WHAT THIS TASK INVOLVES
Retype, word for word, every line from the one holding "at the end of" through the one holding "proxy_rx_callback u c = remember" in the entries below, both included, and only those lines.

MATERIAL PROVIDED
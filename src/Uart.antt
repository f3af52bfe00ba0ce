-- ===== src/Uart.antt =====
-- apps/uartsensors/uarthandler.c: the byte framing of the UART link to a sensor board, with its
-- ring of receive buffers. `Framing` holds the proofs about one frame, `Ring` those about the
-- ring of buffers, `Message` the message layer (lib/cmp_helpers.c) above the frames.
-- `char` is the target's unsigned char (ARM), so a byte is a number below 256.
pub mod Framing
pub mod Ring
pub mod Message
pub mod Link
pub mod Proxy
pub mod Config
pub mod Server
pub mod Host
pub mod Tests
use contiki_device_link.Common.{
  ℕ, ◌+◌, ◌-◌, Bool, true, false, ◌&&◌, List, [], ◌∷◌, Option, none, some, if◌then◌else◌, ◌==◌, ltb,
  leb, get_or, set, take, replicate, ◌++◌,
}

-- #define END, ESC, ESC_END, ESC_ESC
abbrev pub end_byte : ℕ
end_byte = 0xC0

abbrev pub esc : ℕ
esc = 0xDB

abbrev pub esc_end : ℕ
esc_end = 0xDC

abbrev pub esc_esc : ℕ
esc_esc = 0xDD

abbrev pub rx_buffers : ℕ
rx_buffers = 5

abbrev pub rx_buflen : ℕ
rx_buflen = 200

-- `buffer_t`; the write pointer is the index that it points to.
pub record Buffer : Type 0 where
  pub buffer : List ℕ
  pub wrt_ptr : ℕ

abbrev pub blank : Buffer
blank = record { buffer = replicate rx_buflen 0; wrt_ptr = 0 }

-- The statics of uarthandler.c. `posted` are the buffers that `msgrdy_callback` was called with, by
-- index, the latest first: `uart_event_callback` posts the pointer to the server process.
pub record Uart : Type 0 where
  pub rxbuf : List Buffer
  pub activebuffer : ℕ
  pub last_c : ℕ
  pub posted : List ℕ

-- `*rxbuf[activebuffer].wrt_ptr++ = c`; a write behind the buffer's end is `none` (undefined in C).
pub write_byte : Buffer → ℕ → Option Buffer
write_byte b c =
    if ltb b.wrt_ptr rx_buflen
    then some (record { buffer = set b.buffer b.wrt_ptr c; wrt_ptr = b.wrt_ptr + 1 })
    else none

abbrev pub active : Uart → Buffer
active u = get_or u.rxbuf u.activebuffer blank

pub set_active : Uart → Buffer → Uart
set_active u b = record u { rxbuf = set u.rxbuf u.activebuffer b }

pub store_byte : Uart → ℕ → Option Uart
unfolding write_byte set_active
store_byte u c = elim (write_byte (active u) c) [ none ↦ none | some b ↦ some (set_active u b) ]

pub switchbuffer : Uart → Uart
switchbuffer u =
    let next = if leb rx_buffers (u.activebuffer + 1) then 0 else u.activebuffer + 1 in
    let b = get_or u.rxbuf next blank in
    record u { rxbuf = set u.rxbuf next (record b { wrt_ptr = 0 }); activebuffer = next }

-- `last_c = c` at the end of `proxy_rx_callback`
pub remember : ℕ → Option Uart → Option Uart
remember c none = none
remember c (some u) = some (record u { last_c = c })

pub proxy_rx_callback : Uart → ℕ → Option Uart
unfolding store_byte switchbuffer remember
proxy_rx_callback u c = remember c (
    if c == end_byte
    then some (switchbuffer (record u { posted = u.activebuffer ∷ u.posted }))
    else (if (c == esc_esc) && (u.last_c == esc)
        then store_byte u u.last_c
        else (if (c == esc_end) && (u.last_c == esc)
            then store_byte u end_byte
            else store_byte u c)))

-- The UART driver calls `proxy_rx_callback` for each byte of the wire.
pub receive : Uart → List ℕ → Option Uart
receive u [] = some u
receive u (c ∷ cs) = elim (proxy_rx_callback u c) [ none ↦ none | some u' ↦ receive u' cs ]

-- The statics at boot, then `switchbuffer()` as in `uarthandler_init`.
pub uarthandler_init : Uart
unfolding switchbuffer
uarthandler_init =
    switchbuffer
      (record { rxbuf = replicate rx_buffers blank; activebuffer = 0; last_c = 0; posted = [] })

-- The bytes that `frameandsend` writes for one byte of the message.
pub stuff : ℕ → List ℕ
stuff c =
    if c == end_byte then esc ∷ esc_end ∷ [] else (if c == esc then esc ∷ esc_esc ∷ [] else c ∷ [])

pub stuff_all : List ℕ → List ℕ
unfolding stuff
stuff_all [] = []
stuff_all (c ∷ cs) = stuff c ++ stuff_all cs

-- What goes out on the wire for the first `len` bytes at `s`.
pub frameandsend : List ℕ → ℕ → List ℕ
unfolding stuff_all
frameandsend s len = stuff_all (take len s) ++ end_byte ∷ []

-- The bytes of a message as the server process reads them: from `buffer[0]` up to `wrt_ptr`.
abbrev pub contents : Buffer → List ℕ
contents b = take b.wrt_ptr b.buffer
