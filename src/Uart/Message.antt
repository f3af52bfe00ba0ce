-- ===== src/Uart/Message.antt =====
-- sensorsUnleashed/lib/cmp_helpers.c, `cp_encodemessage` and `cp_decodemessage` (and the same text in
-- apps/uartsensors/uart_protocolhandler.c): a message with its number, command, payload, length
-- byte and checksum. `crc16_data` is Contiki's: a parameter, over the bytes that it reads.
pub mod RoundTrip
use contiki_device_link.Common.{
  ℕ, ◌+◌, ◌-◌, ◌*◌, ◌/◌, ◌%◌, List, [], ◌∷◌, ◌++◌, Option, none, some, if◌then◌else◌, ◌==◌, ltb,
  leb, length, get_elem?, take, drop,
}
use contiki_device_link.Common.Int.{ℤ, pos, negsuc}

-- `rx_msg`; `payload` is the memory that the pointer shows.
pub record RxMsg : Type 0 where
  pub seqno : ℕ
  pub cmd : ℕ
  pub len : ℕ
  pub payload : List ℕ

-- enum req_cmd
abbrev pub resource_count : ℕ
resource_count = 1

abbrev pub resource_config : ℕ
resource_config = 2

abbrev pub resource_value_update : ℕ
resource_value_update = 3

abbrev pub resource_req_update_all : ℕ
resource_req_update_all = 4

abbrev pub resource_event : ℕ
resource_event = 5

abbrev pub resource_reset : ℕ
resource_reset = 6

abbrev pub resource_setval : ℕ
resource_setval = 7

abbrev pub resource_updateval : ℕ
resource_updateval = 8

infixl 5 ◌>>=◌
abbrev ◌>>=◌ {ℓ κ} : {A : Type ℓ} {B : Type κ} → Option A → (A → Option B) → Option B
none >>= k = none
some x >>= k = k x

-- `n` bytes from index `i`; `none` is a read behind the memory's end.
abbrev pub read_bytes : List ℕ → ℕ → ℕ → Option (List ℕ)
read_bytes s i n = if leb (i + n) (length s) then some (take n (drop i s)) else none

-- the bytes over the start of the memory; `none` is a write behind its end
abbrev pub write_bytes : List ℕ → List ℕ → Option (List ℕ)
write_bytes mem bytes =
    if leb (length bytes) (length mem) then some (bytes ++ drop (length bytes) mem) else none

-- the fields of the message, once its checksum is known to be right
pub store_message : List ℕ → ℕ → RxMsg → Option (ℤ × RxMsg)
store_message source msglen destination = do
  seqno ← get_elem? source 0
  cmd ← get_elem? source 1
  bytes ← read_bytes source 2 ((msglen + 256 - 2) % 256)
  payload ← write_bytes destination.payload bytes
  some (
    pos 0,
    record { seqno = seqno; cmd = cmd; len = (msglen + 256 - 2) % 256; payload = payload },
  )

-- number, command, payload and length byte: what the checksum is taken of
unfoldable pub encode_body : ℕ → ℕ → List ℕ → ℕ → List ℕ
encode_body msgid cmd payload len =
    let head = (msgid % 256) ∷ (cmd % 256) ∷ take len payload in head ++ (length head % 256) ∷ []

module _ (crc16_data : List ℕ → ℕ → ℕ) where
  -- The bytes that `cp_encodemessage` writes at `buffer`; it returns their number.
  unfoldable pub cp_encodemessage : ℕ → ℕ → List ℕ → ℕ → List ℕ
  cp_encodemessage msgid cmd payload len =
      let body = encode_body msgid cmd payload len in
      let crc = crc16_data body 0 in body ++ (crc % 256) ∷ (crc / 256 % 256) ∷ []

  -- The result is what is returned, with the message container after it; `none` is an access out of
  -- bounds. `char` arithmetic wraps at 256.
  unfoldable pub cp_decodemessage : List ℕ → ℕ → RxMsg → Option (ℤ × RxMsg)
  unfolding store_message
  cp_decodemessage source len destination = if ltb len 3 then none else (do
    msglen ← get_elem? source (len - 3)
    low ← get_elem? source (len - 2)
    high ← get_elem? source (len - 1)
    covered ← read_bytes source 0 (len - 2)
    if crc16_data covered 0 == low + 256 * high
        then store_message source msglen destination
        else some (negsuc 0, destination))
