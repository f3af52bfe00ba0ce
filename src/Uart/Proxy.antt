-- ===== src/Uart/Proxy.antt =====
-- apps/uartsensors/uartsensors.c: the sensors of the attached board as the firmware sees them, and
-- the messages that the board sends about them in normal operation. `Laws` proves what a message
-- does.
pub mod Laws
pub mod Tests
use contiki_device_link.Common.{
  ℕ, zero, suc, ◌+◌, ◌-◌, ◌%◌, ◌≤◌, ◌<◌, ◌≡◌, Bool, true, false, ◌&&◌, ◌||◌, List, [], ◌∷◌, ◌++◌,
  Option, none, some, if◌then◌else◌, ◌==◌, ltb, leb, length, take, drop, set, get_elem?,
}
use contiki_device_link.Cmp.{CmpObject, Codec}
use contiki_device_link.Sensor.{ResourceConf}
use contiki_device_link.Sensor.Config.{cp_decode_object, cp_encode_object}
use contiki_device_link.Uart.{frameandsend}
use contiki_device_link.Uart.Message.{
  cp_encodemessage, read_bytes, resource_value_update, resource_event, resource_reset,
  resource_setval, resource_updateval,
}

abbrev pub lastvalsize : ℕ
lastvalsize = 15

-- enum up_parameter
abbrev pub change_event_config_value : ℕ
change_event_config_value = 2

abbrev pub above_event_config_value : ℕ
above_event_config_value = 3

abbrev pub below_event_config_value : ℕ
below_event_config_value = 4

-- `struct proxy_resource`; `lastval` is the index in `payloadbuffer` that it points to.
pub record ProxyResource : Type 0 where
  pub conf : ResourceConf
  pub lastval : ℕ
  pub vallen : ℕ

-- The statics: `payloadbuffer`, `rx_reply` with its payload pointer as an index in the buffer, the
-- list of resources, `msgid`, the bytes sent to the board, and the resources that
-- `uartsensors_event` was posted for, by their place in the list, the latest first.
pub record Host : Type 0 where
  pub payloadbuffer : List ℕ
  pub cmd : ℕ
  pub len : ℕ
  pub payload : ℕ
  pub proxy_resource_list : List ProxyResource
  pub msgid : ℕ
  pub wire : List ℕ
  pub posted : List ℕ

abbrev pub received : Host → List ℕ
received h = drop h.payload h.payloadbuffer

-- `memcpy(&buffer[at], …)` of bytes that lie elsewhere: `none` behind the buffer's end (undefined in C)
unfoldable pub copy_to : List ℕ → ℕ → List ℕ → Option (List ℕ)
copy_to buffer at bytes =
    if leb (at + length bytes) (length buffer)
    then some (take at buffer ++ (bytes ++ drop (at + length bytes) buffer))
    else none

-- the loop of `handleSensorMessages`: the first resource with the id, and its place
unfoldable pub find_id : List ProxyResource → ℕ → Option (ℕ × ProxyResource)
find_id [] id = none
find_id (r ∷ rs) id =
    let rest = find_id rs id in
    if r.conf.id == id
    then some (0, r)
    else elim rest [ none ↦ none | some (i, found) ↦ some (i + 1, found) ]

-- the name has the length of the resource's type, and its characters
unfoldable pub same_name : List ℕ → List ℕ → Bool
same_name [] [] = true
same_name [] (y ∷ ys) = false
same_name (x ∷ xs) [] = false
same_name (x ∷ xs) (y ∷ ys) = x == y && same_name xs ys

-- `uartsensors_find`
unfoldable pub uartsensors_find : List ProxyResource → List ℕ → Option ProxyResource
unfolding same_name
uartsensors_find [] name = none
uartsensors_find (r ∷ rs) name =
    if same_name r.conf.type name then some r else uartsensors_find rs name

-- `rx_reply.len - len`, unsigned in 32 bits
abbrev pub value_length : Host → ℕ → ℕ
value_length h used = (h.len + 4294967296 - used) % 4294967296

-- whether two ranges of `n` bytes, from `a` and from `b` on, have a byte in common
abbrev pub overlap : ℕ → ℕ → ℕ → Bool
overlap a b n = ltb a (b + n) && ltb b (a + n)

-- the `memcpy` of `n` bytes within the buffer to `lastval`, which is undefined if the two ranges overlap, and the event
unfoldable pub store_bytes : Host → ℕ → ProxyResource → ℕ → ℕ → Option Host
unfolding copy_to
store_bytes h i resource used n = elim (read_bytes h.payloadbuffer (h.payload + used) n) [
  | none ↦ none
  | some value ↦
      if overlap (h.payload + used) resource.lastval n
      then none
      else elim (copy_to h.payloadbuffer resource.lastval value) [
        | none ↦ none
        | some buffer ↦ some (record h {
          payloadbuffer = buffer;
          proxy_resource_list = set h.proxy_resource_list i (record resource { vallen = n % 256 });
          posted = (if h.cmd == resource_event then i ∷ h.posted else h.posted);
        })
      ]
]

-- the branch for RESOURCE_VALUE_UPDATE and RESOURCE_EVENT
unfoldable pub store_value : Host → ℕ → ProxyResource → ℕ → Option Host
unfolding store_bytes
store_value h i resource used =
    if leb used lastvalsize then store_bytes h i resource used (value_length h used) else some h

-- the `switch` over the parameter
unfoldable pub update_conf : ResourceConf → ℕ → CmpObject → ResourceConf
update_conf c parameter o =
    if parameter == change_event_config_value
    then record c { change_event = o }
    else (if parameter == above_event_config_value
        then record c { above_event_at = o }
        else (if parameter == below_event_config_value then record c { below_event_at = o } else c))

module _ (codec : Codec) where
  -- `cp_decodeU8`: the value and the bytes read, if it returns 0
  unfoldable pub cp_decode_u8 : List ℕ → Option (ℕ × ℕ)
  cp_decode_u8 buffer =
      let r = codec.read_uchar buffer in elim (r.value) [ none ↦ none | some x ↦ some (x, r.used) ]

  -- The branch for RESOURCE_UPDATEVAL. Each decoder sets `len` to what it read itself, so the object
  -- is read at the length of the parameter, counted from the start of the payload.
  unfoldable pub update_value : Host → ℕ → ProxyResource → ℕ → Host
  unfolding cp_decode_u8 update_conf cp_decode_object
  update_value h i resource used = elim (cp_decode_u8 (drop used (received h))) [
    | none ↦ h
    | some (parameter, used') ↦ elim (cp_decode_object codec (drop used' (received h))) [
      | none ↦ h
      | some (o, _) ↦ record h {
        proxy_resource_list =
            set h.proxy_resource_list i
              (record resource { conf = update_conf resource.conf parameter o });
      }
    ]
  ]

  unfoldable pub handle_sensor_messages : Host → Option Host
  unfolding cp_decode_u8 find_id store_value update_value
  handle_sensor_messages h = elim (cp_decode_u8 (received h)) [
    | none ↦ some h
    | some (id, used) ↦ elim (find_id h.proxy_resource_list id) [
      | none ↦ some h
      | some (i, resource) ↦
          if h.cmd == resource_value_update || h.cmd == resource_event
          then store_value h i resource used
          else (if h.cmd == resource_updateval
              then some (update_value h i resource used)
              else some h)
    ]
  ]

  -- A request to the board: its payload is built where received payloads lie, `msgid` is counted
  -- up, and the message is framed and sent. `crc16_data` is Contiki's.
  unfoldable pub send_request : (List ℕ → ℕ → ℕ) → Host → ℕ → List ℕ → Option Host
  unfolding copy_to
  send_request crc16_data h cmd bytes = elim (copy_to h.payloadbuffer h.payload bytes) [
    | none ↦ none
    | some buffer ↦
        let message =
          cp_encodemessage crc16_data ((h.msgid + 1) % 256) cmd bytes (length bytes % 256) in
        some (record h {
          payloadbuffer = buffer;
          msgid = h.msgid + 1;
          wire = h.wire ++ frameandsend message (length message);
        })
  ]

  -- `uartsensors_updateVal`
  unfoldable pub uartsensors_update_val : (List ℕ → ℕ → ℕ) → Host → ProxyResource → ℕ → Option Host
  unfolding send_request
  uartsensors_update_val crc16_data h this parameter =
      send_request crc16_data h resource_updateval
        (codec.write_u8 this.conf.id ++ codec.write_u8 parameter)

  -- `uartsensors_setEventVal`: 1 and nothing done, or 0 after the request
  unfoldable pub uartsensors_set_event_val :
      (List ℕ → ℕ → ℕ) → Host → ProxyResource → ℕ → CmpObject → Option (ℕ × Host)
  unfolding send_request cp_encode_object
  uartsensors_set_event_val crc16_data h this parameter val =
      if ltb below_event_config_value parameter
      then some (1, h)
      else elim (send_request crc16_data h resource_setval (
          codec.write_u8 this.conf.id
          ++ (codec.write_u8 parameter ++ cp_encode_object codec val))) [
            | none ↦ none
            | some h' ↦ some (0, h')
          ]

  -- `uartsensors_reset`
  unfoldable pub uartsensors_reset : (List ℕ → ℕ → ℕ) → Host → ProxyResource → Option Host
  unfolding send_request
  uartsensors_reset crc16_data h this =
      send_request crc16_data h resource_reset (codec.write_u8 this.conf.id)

RESULT OF THE EXERCISE
-- `last_c = c` at the end of `proxy_rx_callback`
pub remember : ℕ → Option Uart → Option Uart
remember c none = none
remember c (some u) = some (record u { last_c = c })

pub proxy_rx_callback : Uart → ℕ → Option Uart
unfolding store_byte switchbuffer remember
proxy_rx_callback u c = remember c (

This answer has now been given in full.